Vehicle Age = Sale Year − Model Year

This provides a more meaningful representation of how vehicle age affects price, ensuring equitable estimation across vehicles of different ages.

Data Cleaning

Condition Normalization

The dataset contained multiple condition rating scales (1–5 and 1–50). Values were normalized to a standard 1–5 scale to support consistent and fair price predictions.

Categorical Standardization

Several categorical variables required cleaning:

Make
Model
Trim
Body
Transmission
State
Color
Interior

Common fixes included:

Converting text to lowercase
Removing whitespace inconsistencies
Correcting spelling variations
Consolidating proprietary body types into standardized categories
Removing extremely rare categories to reduce noise

Handling Missing Data

Missing values ranged from 0.02% to 11.6% across columns.

A custom imputation function was developed that filled missing values using the most common value among similar vehicles, grouped by relevant features, to maintain fairness across similar vehicle types.

Example imputation strategies:

Feature	Imputation Strategy
Transmission	Grouped by make, model, trim
Color	Grouped by make, model, trim
Interior	Grouped by make, model, trim
Condition	Grouped by make, model, odometer or vehicle age
Body	Grouped by make, model, trim

After imputation and removal of minimal remaining null rows, the final dataset contained 544,188 complete records.

Feature Encoding

Because the dataset contains many categorical features, one-hot encoding was applied using pd.get_dummies().

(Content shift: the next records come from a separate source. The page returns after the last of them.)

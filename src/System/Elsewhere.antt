-- ===== src/System/Elsewhere.antt =====
-- An address that one instance blocks, at another instance that follows it through etcd.
use open_blocklist.Base.{
  ℕ, Bytes, codes, Option, none, some, Bool, true, false, [], ◌∷◌, ◌++◌, str_eq, str_eq_refl,
  false≢true, sym, ap, subst, if◌then◌else◌, ◌≡◌, ◌≢◌, ◌<◌, ◌^◌, refl, arith, ◌∙◌,
}
use open_blocklist.Base.Int.{ℤ}
use open_blocklist.Base.Dict.{lookup, insert, lookup-insert}
use open_blocklist.Ipv4.Bounds.{ipv4_str_to_uint32-fits}
use open_blocklist.Ipv4.RoundTrip.{dotted}
use open_blocklist.Key.{rbl_key, reverse_key}
use open_blocklist.State.{
  App, BlockRecord, BlockEntry, Go, EtcdRequest, kv_put, kv_delete, WatchEvent, is_expired,
}
use open_blocklist.Query.{Outcome, ok, fail, Fields, read_fields, default_fields}
use open_blocklist.Query.Parts.{read_fields-parts}
use open_blocklist.Http.{Request, entry_body, query_get}
use open_blocklist.Read.{handle_auth}
use open_blocklist.Read.Agree.{handle_auth_status, listed_entry}
use open_blocklist.Write.{
  block_entry, block_record, ptr_record, finish_put, put_parsed, handle_put, count_put,
}
use open_blocklist.Write.Effect.{handle_put_ok}
use open_blocklist.Etcd.{apply_event}
use open_blocklist.Etcd.Mirror.{parsed_quad, put_event, dotted-nonempty, watch_mirrors_put}

-- The event that the watch of another instance gets of a request that etcd has carried out, with the
-- revisions that etcd gives the key.
abbrev pub event_of : ℤ → ℤ → EtcdRequest → WatchEvent
event_of create_revision mod_revision (kv_put key value) = record {
  event_type = codes "PUT";
  key = key;
  value = value;
  create_revision = create_revision;
  mod_revision = mod_revision;
}
event_of create_revision mod_revision (kv_delete key) = record {
  event_type = codes "DELETE";
  key = key;
  value = [];
  create_revision = create_revision;
  mod_revision = mod_revision;
}

module _ (go : Go) where
  default_code-fits : (now : ℤ) → (default_fields now).return_code < 2 ^ 32
  unfolding default_fields
  default_code-fits now = ipv4_str_to_uint32-fits _

  read_code-fits :
      (now : ℤ) (r : Request) (f g : Fields)
      → read_fields go now r f ≡ ok g
      → f.return_code < 2 ^ 32
      → g.return_code < 2 ^ 32
  read_code-fits now r f g h hf =
      let (_, _, _, _, _, _, _, code) = read_fields-parts go now r f g h in
      rw code (ground (arith, hf, ipv4_str_to_uint32-fits (query_get (codes "return_code") r)))

  finish_put-fits :
      (ipstr ip : Bytes) (first_seen : ℤ) (app : App) (o : Outcome Fields) (e : BlockEntry)
      → ((g : Fields) → o ≡ ok g → g.return_code < 2 ^ 32)
      → (finish_put go ipstr ip first_seen app o).1.body ≡ entry_body e
      → e.return_code < 2 ^ 32
  unfolding finish_put block_entry
  finish_put-fits ipstr ip first_seen app (fail m) e h body = cc
  finish_put-fits ipstr ip first_seen app (ok g) e h body =
      let same : block_entry ipstr first_seen g ≡ e = cc body in
      subst (λ (x : BlockEntry). x.return_code < 2 ^ 32) same (h g refl)

  put_parsed-fits :
      (t : ℕ → ℤ) (r : Request) (app : App) (o : Option Bytes) (e : BlockEntry)
      → (put_parsed go t r app o).1.body ≡ entry_body e
      → e.return_code < 2 ^ 32
  unfolding put_parsed
  put_parsed-fits t r app none e body = cc
  put_parsed-fits t r app (some ip) e body =
      finish_put-fits r.ip ip _ _ _ e
        (λ g h. read_code-fits (t 0) r (default_fields (t 0)) g h (default_code-fits (t 0))) body

  handle_put-fits :
      (t : ℕ → ℤ) (r : Request) (app : App) (e : BlockEntry)
      → (handle_put go t r app).1.body ≡ entry_body e
      → e.return_code < 2 ^ 32
  unfolding handle_put
  handle_put-fits t r app e body = put_parsed-fits t r (count_put app) (go.parse_ip r.ip) e body

  -- At an instance that received the event, at a time at which the entry has not expired.
  event-forbids :
      ((s : Bytes) → go.b64d (go.b64 s) ≡ s)
      → ((x : BlockRecord) → go.unmarshal_record (go.marshal_record x) ≡ (x, true))
      → (a b c d : ℕ) → a < 256
      → b < 256
      → c < 256
      → d < 256
      → go.parse_ip (dotted a b c d) ≡ some (parsed_quad a b c d)
      → (t' : ℕ → ℤ) (r' : Request) (other : App) (e : BlockEntry) (cr mr : ℤ)
      → r'.ip ≡ dotted a b c d
      → e.return_code < 2 ^ 32
      → is_expired e.expiration (t' 0) ≡ false
      → (handle_auth go t' r' (
          apply_event go
            (put_event go (rbl_key (parsed_quad a b c d)) (block_record e) cr mr)
            other)).1.status
        ≡ 403
  unfolding str_eq
  event-forbids decode unmarshal a b c d ha hb hc hd reads t' r' other e cr mr at' fits live =
      let text = dotted a b c d in
      let here : BlockEntry = record e { ip = text; create_revision = cr; mod_revision = mr } in
      let state : App = record other { ip_table = insert text here other.ip_table } in
      let readable : go.parse_ip text ≢ none = cc in
      let nonempty : r'.ip ≢ [] =
        λ n. false≢true (sym (dotted-nonempty a b c d) ∙ ap (λ s. str_eq s []) (sym at' ∙ n)) in
      let found : lookup r'.ip state.ip_table ≡ some here =
        rw (at', lookup-insert, str_eq_refl) refl in
      rw (watch_mirrors_put go decode unmarshal a b c d ha hb hc hd readable e cr mr other fits) (
        handle_auth_status go t' r' (parsed_quad a b c d) state nonempty
          (ap go.parse_ip at' ∙ reads)
        ∙ ap (λ (b : Bool). if b then 403 else 200)
            (listed_entry go t' r'.ip (parsed_quad a b c d) state here found live))

  -- What a PUT posts that is answered with an entry.
  pub put_posts :
      (a b c d : ℕ)
      → go.parse_ip (dotted a b c d) ≡ some (parsed_quad a b c d)
      → (t : ℕ → ℤ) (r : Request) (app : App) (e : BlockEntry) → r.ip ≡ dotted a b c d
      → (handle_put go t r app).1.status ≡ 200
      → (handle_put go t r app).1.body ≡ entry_body e
      → (reverse : EtcdRequest) × ((handle_put go t r app).0.requests
          ≡ app.requests
            ++ (kv_put
                  (go.b64 (rbl_key (parsed_quad a b c d)))
                  (go.b64 (go.marshal_record (block_record e)))
                ∷ reverse
                ∷ []))
  put_posts a b c d reads t r app e at done body =
      let (ip, e', parsed, body', _, _, _, requests) = handle_put_ok go t r app done in
      let eq : e' ≡ e = cc in
      let same_ip : ip ≡ parsed_quad a b c d = cc (parsed, at, reads) in
      (
        kv_put (go.b64 (reverse_key ip)) (go.b64 (go.marshal_ptr ptr_record)),
        subst
            (λ (x : Bytes × BlockEntry).
              (handle_put go t r app).0.requests
              ≡ app.requests
                ++ (kv_put (go.b64 (rbl_key x.0)) (go.b64 (go.marshal_record (block_record x.1)))
                    ∷ kv_put (go.b64 (reverse_key ip)) (go.b64 (go.marshal_ptr ptr_record))
                    ∷ []))
            {x = (ip, e')} (cc (eq, same_ip)) requests,
      )

  -- If base64 and JSON decode what they encoded and net.ParseIP reads the dotted text of the octets
  -- a, b, c and d as that address: after a PUT on this text that is answered with 200 and the entry
  -- `e`, in either mode, the first of the two requests that it has posted to etcd has this effect. An
  -- instance in any state that receives the event of this request from etcd, whatever the revisions,
  -- forbids the address (403) next, at every time at which `e` has not expired.
  pub put_forbids_elsewhere :
      ((s : Bytes) → go.b64d (go.b64 s) ≡ s)
      → ((x : BlockRecord) → go.unmarshal_record (go.marshal_record x) ≡ (x, true))
      → (a b c d : ℕ) → a < 256
      → b < 256
      → c < 256
      → d < 256
      → go.parse_ip (dotted a b c d) ≡ some (parsed_quad a b c d)
      → (t t' : ℕ → ℤ) (r r' : Request) (app other : App) (e : BlockEntry) (cr mr : ℤ)
      → r.ip ≡ dotted a b c d
      → r'.ip ≡ dotted a b c d
      → (handle_put go t r app).1.status ≡ 200
      → (handle_put go t r app).1.body ≡ entry_body e
      → is_expired e.expiration (t' 0) ≡ false
      → (posted reverse : EtcdRequest) × ((handle_put go t r app).0.requests
          ≡ app.requests ++ (posted ∷ reverse ∷ []))
        × ((handle_auth go t' r' (apply_event go (event_of cr mr posted) other)).1.status ≡ 403)
  put_forbids_elsewhere decode unmarshal a b c d ha hb hc hd reads t t' r r' app other e cr mr at
        at' done body live =
      let (reverse, requests) = put_posts a b c d reads t r app e at done body in
      (
        kv_put (go.b64 (rbl_key (parsed_quad a b c d)))
            (go.b64 (go.marshal_record (block_record e))),
        reverse,
        requests,
        event-forbids decode unmarshal a b c d ha hb hc hd reads t' r' other e cr mr at'
            (handle_put-fits t r app e body) live,
      )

Categorical variables encoded:

Make
Model
Trim
Body
Transmission
State
Color
Interior

This expanded the dataset to:

1,822 total features
~1GB in memory after encoding

Modeling

Three regression approaches were used to predict fair vehicle selling prices:

Linear Regression
Ridge Regression
Lasso Regression

Data was split into 80% training and 20% testing sets.

Feature scaling was applied using StandardScaler to ensure stable coefficient estimates.

Model Comparison

Two modeling scenarios were evaluated:

Model Including MMR

The MMR column (market price estimate) was included as a feature.

Results:

R² ≈ 0.97
Very low prediction error

However, coefficient analysis revealed that the model relied heavily on MMR, indicating data leakage and reduced transparency in pricing fairness.

Model Without MMR

After removing the MMR column, the model relied on actual vehicle characteristics such as:

Condition
Vehicle age
Odometer
Make and model
Geographic location

This produced more realistic performance and better reflected equitable price determination, free from bias introduced by pre-existing market estimates.

Key Insights

Vehicle age and condition are strong predictors of resale value.
Odometer readings correlate with depreciation but vary significantly by vehicle type.
Vehicle make and model introduce large price variation due to brand and trim differences.
Pre-existing price estimates such as MMR can artificially inflate model accuracy, highlighting the importance of fair and transparent modeling.

Technologies Used

JupyterLab
Matplotlib
NumPy
Pandas
Python
Scikit-learn
Seaborn

Outputs

Exploratory visualizations
Cleaned and engineered dataset
Regression model comparisons
Model evaluation metrics (MAE, MSE, RMSE, R²)

Why This Project Matters

This project demonstrates the complete data mining pipeline required for real-world predictive modeling, including large-scale data cleaning, feature engineering, categorical encoding, and regression analysis.